[GOAL OF THE EXERCISE] Reproduce exactly the line that contains "pub mod Civil" and all lines that follow it in the records below, ending with the last one.

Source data

......

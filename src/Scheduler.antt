-- ===== src/Scheduler.antt =====
-- The scheduler of the relayer, services/relayer/src/scheduler.
pub mod Date
pub mod Civil
pub mod Unique
pub mod ScheduleUtils
pub mod Setters
pub mod Months
pub mod Recurrence
pub mod Transfers
pub mod TransferStore
pub mod Service
pub mod Engine
pub mod Polling
pub mod Locks
pub mod Budget
pub mod Failing
pub mod Outcome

......

[RESULT OF THIS TASK]
pub mod Civil
pub mod Unique
pub mod ScheduleUtils
pub mod Setters
pub mod Months
pub mod Recurrence
pub mod Transfers
pub mod TransferStore
pub mod Service
pub mod Engine
pub mod Polling
pub mod Locks
pub mod Budget
pub mod Failing
pub mod Outcome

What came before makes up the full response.